Although IL-6 targeting therapies have shown promising outcomes in inflammatory diseases and some types of cancers, safety issues related to IL-6 targeting approaches have been reported [23]. Adverse events associated with inhibition of IL-6 signaling include susceptibility to infection, cardiovascular toxicity, and gastrointestinal perforation [23]. Understanding the basic biology of IL-6, as well as large-scale and long-term clinical trials of new blocking agents of IL-6 signaling, will be important to reduce these risks.

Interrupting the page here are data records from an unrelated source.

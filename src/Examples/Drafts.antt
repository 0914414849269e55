-- ===== src/Examples/Drafts.antt =====
-- strategy_interaction.py: the theorems on rules, drafts and commands, at concrete inputs.
use china_a_share.Prelude.{
  ℕ, ◌/◌, ◌<◌, ◌≡◌, refl, true, false, none, some, Text, text, text_eq, pair_eq, [], ◌∷◌, length,
  any, filter, All, Fault, Result, ok, raised, index_error, rule_spec_error, Satisfies, returned,
  arith,
}
use china_a_share.Prelude.Maps.{lookup, insert, remove}
use china_a_share.Prelude.Texts.{contains, starts_with, strip, drop_while, is_space, lower}
use china_a_share.Prelude.Int.{ℤ, pos, negsuc}
use china_a_share.Cache.Record.{Instant}
use china_a_share.Examples.Numbers.{cents_float}
use china_a_share.Strategies.Models.{
  buy, ready, drawdown, limit_up, drawdown_rule, limit_up_rule, StrategyConfig, StrategyDraft,
}
use china_a_share.Strategies.RuleSpec.{
  segments_of, tokens_of, split_where, parse_rule_spec, parse_segments, parse_tokens,
  parameter_values, parse_number, key_value, longer_key, last_of_key, field_of, kind_of,
  rule_of_values, missing_fields,
}
use china_a_share.Dates.Print.{number, is_digit}
use china_a_share.Strategies.RuleSpec.Checked.{IsBounded, parse_rule_spec-Satisfies}
use china_a_share.Strategies.Store.{MemoryStore, validate_identifier}
use china_a_share.Strategies.Interaction.{saved_card}
use china_a_share.Strategies.Interaction.Editing.{save_draft}
use china_a_share.Strategies.Interaction.Commands.{Ports}
use china_a_share.Strategies.Interaction.Dispatch.{
  handles_prompt, is_command, read_command, rules_command, optional_argument, argument_of,
  after_prefix, group_of, ButtonValue, handle_message, handle_card_action,
}
use china_a_share.Strategies.Interaction.Sound.{IsDraft, IsDesk}
use china_a_share.Strategies.Interaction.Dispatched.{
  handle_message-IsDesk, handle_card_action-IsDesk,
}
use china_a_share.Strategies.Interaction.Saved.{IsDescribed, save_draft_saves}

-- `int(value)` of hundredths.
abbrev whole : ℤ → Result ℤ
whole (pos n) = ok (pos (n / 100))
whole (negsuc n) = ok (negsuc (n / 100))

abbrev IsSpecError : Fault → Type 0
IsSpecError e = e ≡ rule_spec_error

whole-Satisfies : (v : ℤ) → Satisfies (λ _. Unit {0}) IsSpecError (whole v)
whole-Satisfies (pos n) = returned tt
whole-Satisfies (negsuc n) = returned tt

abbrev drawdown_text : Text
drawdown_text = text "回撤 窗口=60 阈值=15%；涨停"

-- Both segments have a token.
drawdown_text-tokens :
    All (λ s. tokens_of s ≡ [] → IsSpecError index_error) (segments_of drawdown_text)
unfolding segments_of tokens_of split_where strip filter drop_while is_space
drawdown_text-tokens = (λ h. absurd (cc), (λ h. absurd (cc), tt))

parse_rule_spec-Satisfies_example :
    Satisfies
      (λ rules.
        (0 < length rules)
        × (length rules ≡ length (segments_of drawdown_text))
        × All IsBounded rules)
      IsSpecError
      (parse_rule_spec whole drawdown_text)
parse_rule_spec-Satisfies_example =
    parse_rule_spec-Satisfies whole IsSpecError refl whole-Satisfies drawdown_text
      drawdown_text-tokens

abbrev ports : Ports ℤ ℕ
ports = record { scanner = none; compiler = none; trial_dates = λ body. none }

abbrev empty_store : MemoryStore ℤ ℕ
empty_store = record { strategies = []; drafts = []; notifications = [] }

abbrev now : Instant
now = record { aware = true; time = 100 }

abbrev me : Text
me = text "ou_1"

empty_store-IsDesk : IsDesk empty_store me empty_store
empty_store-IsDesk = record {
  drafts = tt;
  strategies = tt;
  other_drafts = λ o i h. refl;
  other_strategies = λ o i h. refl;
  notifications = refl;
}

handle_message-IsDesk_example :
    IsDesk empty_store me
      (handle_message whole ports now (text "d1") me (text "oc_1") (text "新建策略 动量") empty_store).1
handle_message-IsDesk_example =
    handle_message-IsDesk whole ports me empty_store now (text "d1") (text "oc_1") (text "新建策略 动量")
      empty_store-IsDesk

abbrev no_value : ButtonValue
no_value = record { strategy_id = []; draft_id = []; direction = []; enabled = false }

handle_card_action-IsDesk_example :
    IsDesk empty_store me
      (handle_card_action whole ports now
        (text "d1")
        me
        (text "oc_1")
        (text "strategy_create_draft")
        no_value
        empty_store).1
handle_card_action-IsDesk_example =
    handle_card_action-IsDesk whole ports me empty_store now (text "d1") (text "oc_1")
      (text "strategy_create_draft") no_value empty_store-IsDesk

abbrev finished_draft : StrategyDraft ℤ ℕ
finished_draft = record {
  draft_id = text "d1";
  owner_open_id = me;
  chat_id = text "oc_1";
  state = ready;
  name = some (text "m");
  direction = some buy;
  rules = limit_up 1 ∷ [];
  compiled_rule = none;
  created_at = now;
  updated_at = now;
}

abbrev draft_store : MemoryStore ℤ ℕ
draft_store = record {
  strategies = [];
  drafts = ((me, text "d1"), finished_draft) ∷ [];
  notifications = [];
}

finished_draft-IsDraft : IsDraft me finished_draft
finished_draft-IsDraft = record {
  owned = refl;
  chat = refl;
  step = (refl, refl, refl, (omega arith, tt));
}

finished_draft-found : lookup (me, text "d1") draft_store.drafts ≡ some finished_draft
unfolding lookup
finished_draft-found = refl

new_id-valid : validate_identifier (text "s1") ≡ ok tt
unfolding validate_identifier any contains starts_with
new_id-valid = refl

me-valid : validate_identifier me ≡ ok tt
unfolding validate_identifier any contains starts_with
me-valid = refl

draft_id-valid : validate_identifier (text "d1") ≡ ok tt
unfolding validate_identifier any contains starts_with
draft_id-valid = refl

save_draft_saves_example :
    (t : StrategyConfig ℤ ℕ) × IsDescribed now (text "s1") me finished_draft t
    × (save_draft now (text "s1") me (text "d1") draft_store ≡ (
      ok (saved_card t),
      record {
        strategies = insert (me, text "s1") t [];
        drafts = remove (me, text "d1") draft_store.drafts;
        notifications = [];
      },
    ))
save_draft_saves_example =
    save_draft_saves now (text "s1") me (text "d1") finished_draft draft_store refl new_id-valid
      me-valid draft_id-valid finished_draft-IsDraft refl finished_draft-found

drawdown_text-parses :
    parse_rule_spec whole drawdown_text ≡ ok (drawdown 60 (pos 15) ∷ limit_up 1 ∷ [])
unfolding parse_rule_spec parse_segments parse_tokens parameter_values parse_number key_value
    longer_key last_of_key field_of kind_of rule_of_values missing_fields segments_of tokens_of
    split_where strip filter drop_while is_space lookup insert lower any drawdown_rule limit_up_rule
    number is_digit
drawdown_text-parses = refl

-- A segment of separators alone has no first token.
comma-raises : parse_rule_spec whole (text "，") ≡ raised index_error
unfolding parse_rule_spec parse_segments parse_tokens segments_of tokens_of split_where strip filter
    drop_while is_space
comma-raises = refl

-- The pattern of a parameter's name has no underscore, so that the alias `min_return` is not read.
underscore-refused : key_value (text "min_return=5") ≡ none
unfolding key_value longer_key last_of_key
underscore-refused = refl

not_a_command : handles_prompt (text "规则") ≡ false
unfolding handles_prompt is_command read_command optional_argument argument_of after_prefix group_of
    strip drop_while is_space any
not_a_command = refl

rules_are_read : read_command (text "规则  涨停 ") ≡ rules_command (text "涨停")
unfolding read_command optional_argument argument_of after_prefix group_of strip drop_while is_space
    any
rules_are_read = refl
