-- ===== src/Tasks/Datasets.antt =====
-- tasks.py: `MemoryAnalysisTaskStore`, its artifacts, its datasets, and the workspace of a session.
-- The name of a path, `Path(...).name`, and the content of a dataset are arguments.
pub mod Laws
use china_a_share.Prelude.{
  ℕ, Bool, true, false, ◌&&◌, ◌||◌, not, Option, none, some, Text, text, text_eq, text_beq, pair_eq,
  Eq, leb, nat_beq, List, [], ◌∷◌, Result, Fault, ok, raised, value_error, require, ◌>>=◌, ◌>>◌,
  is_nil,
}
use china_a_share.Prelude.Maps.{Dict, lookup, insert}

pub record Datasets (Q : Type 0) : Type 0 where
  pub artifacts : Dict (Text × Text) Text
  pub datasets : Dict (Text × Text) Q
  pub latest_datasets : Dict Text Text
  pub final_datasets : Dict Text Text
  pub session_workspaces : Dict Text (Text × Text)

abbrev is_identifier_char : ℕ → Bool
is_identifier_char c =
    (leb b'A' c && leb c b'Z')
    || (leb b'a' c && leb c b'z')
    || (leb b'0' c && leb c b'9')
    || nat_beq c b'_'
    || nat_beq c b'-'

abbrev all_identifier_chars : Text → Bool
all_identifier_chars [] = true
all_identifier_chars (c ∷ s) = is_identifier_char c && all_identifier_chars s

-- `[A-Za-z0-9_-]+`, matched in full.
unfoldable pub is_identifier : Text → Bool
is_identifier [] = false
is_identifier (c ∷ s) = is_identifier_char c && all_identifier_chars s

unfoldable pub validate_artifact_identity : (Text → Text) → Text → Text → Result (Unit {0})
validate_artifact_identity path_name task_id artifact_name = do
  require (is_identifier task_id) value_error
  require (not (is_nil artifact_name) && text_beq artifact_name (path_name artifact_name))
      value_error
  ok tt

unfoldable pub validate_dataset_identity : (Text → Text) → Text → Text → Result (Unit {0})
validate_dataset_identity path_name task_id dataset_id = do
  validate_artifact_identity path_name task_id (text "dataset")
  require (is_identifier dataset_id) value_error
  ok tt

-- `a or b`, of texts that may be missing or empty.
unfoldable pub text_or : Option Text → Option Text → Option Text
text_or none b = b
text_or (some []) b = b
text_or (some (c ∷ s)) b = some (c ∷ s)

module _ {Q : Type 0} (path_name : Text → Text) where
  unfoldable pub put_artifact : Text → Text → Text → Datasets Q → Result (Datasets Q)
  put_artifact task_id path content s = do
    validate_artifact_identity path_name task_id (path_name path)
    ok (record s { artifacts = insert ⦃e = pair_eq⦄ (task_id, path_name path) content s.artifacts })

  unfoldable pub get_artifact : Text → Text → Datasets Q → Result (Option Text)
  get_artifact task_id artifact_name s = do
    validate_artifact_identity path_name task_id artifact_name
    ok (lookup ⦃e = pair_eq⦄ (task_id, artifact_name) s.artifacts)

  unfoldable pub archive_dataset : Text → Text → Q → Datasets Q → Result (Datasets Q)
  archive_dataset task_id query_id q s = do
    validate_dataset_identity path_name task_id query_id
    ok (record s {
      datasets = insert ⦃e = pair_eq⦄ (task_id, query_id) q s.datasets;
      latest_datasets = insert task_id query_id s.latest_datasets;
    })

  abbrev pub marked : Text → Text → Datasets Q → Option Q → Result (Datasets Q)
  marked task_id dataset_id s none = raised value_error
  marked task_id dataset_id s (some q) =
      ok (record s { final_datasets = insert task_id dataset_id s.final_datasets })

  unfoldable pub mark_final_dataset : Text → Text → Datasets Q → Result (Datasets Q)
  mark_final_dataset task_id dataset_id s = do
    validate_dataset_identity path_name task_id dataset_id
    marked task_id dataset_id s (lookup ⦃e = pair_eq⦄ (task_id, dataset_id) s.datasets)

module _ {Q : Type 0} where
  abbrev pub promoted : Text → Text → Datasets Q → Option Text → Datasets Q × Bool
  promoted conversation_id task_id s none = (s, false)
  promoted conversation_id task_id s (some dataset_id) = (
    record s {
      session_workspaces = insert conversation_id (task_id, dataset_id) s.session_workspaces;
    },
    true,
  )

  unfoldable pub promote_session_workspace : Text → Text → Datasets Q → Datasets Q × Bool
  promote_session_workspace conversation_id task_id s =
      promoted conversation_id task_id s
        (text_or (lookup task_id s.final_datasets) (lookup task_id s.latest_datasets))

  abbrev pub dataset_at : Datasets Q → Option (Text × Text) → Option Q
  dataset_at s none = none
  dataset_at s (some identity) = lookup ⦃e = pair_eq⦄ identity s.datasets

  unfoldable pub get_session_workspace : Text → Datasets Q → Option Q
  get_session_workspace conversation_id s =
      dataset_at s (lookup conversation_id s.session_workspaces)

Anti–IL-6 mAbs have achieved great commercial success to date, however, mAb biologics have some limitations in their clinical utility [79]. First, the production process is labor intensive and costly because of the complex molecular structure of mAbs. Second, invasive routes of administration are required. Third, penetration and accumulation of mAbs in tissues, including solid tumors and bone marrow, and accessibility to some epitopes on certain proteins, can be problematic due to their large size. Fourth, the instability of mAbs necessitates storage under refrigeration. Finally, the immunogenicity of some mAbs can abolish their effectiveness [98]. Other protein scaffolds, such as avimers and nanobodies with improved affinity and accessibility respectively, have been developed to overcome some of the limitations of mAbs [79]. Nevertheless, small molecule-based anti-IL-6/IL-6R/gp130 agents offer distinct advantages and could provide more versatility and flexibility as therapeutics.

CONCLUSIONS

Interventions against the IL-6/IL-6R/gp130 signaling axis appear to be quite effective for some inflammatory diseases. At present, the application of IL-6/IL-6R/gp130 blockers as anti-cancer agents has not been studied broadly, and to an even lesser extent for breast cancer. However, considering the clinical development of several IL-6-based anticancer drugs, their application in oncology is likely to expand in the near future. Because of the reliance of disease progression on a variety of IL-6–related mechanisms in breast cancer, the IL-6 signaling pathway is an ideal target for drug development. Additional studies into the effects of IL-6 blockers in breast cancer are thus warranted and could offer exciting new directions for treatment. The critical challenges will be to identify which candidates will most effectively repress IL-6 signaling in breast cancer without adverse effects. With an increased understanding of the IL-6/IL-6R/gp130 regulatory axis and signaling in breast cancer, it may be possible to design new IL-6 therapies which will be more effective.